Comb through the entries for "module" and pull out each line that holds it.

[Items from a data source]
:::
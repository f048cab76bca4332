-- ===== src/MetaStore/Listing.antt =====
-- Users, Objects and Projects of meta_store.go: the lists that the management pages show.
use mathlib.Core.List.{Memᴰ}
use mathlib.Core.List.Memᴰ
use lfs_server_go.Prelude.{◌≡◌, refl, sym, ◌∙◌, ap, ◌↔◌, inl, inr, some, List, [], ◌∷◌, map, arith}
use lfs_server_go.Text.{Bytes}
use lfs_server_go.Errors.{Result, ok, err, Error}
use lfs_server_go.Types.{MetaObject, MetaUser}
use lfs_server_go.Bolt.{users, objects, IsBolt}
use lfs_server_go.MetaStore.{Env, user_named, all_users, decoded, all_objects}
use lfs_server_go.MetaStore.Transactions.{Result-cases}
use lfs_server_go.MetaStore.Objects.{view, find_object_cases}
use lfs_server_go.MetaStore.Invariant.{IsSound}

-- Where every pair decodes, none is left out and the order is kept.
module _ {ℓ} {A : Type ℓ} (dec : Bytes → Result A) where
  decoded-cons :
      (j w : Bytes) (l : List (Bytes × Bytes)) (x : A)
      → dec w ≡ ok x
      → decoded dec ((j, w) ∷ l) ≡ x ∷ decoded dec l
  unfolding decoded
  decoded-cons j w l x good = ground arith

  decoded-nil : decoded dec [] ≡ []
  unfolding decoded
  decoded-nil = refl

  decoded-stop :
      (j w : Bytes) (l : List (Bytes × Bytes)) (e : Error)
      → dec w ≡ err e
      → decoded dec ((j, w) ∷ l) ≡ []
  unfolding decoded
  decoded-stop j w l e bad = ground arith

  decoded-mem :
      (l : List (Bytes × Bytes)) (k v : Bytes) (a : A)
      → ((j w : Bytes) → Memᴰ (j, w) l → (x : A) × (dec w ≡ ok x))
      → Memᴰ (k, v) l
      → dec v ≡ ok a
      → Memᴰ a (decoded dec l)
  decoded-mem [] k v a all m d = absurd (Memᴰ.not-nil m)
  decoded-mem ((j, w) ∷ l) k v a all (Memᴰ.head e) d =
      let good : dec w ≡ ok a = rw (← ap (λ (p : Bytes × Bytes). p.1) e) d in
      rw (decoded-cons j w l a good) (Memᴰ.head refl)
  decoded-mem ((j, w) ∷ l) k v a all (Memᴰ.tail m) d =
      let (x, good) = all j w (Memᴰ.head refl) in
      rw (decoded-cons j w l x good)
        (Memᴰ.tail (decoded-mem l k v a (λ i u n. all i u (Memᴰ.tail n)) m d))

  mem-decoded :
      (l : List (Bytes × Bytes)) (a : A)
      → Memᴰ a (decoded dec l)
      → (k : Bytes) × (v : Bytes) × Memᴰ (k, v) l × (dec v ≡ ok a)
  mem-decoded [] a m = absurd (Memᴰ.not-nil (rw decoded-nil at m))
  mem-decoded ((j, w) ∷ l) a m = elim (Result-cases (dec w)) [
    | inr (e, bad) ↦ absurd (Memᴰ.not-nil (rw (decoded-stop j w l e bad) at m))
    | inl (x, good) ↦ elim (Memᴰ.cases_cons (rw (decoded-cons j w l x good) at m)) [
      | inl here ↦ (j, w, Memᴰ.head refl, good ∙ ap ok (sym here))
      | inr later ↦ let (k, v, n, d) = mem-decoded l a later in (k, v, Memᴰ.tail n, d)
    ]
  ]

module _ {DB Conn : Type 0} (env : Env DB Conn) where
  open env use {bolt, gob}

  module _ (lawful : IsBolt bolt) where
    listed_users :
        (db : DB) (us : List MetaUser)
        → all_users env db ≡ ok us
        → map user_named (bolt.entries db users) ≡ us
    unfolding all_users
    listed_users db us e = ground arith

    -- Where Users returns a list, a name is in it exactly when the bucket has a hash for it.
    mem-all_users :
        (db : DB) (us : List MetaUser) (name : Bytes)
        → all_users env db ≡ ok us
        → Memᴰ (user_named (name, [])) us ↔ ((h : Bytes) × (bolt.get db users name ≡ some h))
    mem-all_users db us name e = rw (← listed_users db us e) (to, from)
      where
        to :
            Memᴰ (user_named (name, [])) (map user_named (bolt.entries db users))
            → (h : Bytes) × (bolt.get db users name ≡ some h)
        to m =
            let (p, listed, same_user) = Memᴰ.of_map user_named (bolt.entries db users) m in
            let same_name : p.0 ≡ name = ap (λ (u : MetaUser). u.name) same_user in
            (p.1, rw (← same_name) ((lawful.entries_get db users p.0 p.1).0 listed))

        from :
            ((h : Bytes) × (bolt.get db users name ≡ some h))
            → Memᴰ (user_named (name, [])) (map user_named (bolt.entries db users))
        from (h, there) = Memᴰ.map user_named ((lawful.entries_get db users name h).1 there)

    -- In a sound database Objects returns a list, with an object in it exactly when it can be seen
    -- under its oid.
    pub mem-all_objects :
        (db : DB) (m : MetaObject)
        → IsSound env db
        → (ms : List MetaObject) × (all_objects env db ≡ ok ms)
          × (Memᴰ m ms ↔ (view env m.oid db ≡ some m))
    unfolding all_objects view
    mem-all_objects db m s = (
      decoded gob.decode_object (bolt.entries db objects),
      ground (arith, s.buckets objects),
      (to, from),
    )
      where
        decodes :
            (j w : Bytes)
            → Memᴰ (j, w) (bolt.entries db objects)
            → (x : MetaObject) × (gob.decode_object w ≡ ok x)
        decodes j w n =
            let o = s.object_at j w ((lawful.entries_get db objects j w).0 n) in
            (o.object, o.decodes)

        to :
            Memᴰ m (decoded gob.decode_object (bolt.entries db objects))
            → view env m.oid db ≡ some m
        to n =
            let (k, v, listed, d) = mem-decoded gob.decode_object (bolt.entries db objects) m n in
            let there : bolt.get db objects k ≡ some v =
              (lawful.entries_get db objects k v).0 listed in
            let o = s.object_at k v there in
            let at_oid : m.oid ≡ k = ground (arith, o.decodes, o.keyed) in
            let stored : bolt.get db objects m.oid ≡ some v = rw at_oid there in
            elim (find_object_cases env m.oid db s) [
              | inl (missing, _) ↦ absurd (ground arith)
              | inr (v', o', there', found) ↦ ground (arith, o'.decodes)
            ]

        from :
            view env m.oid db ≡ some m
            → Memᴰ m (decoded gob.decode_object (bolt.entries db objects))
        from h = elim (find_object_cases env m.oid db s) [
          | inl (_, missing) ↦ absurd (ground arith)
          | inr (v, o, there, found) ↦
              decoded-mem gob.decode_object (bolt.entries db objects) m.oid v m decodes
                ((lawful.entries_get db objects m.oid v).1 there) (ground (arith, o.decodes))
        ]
:::
**Answer section**:
module _ {ℓ} {A : Type ℓ} (dec : Bytes → Result A) where
module _ {DB Conn : Type 0} (env : Env DB Conn) where
  module _ (lawful : IsBolt bolt) where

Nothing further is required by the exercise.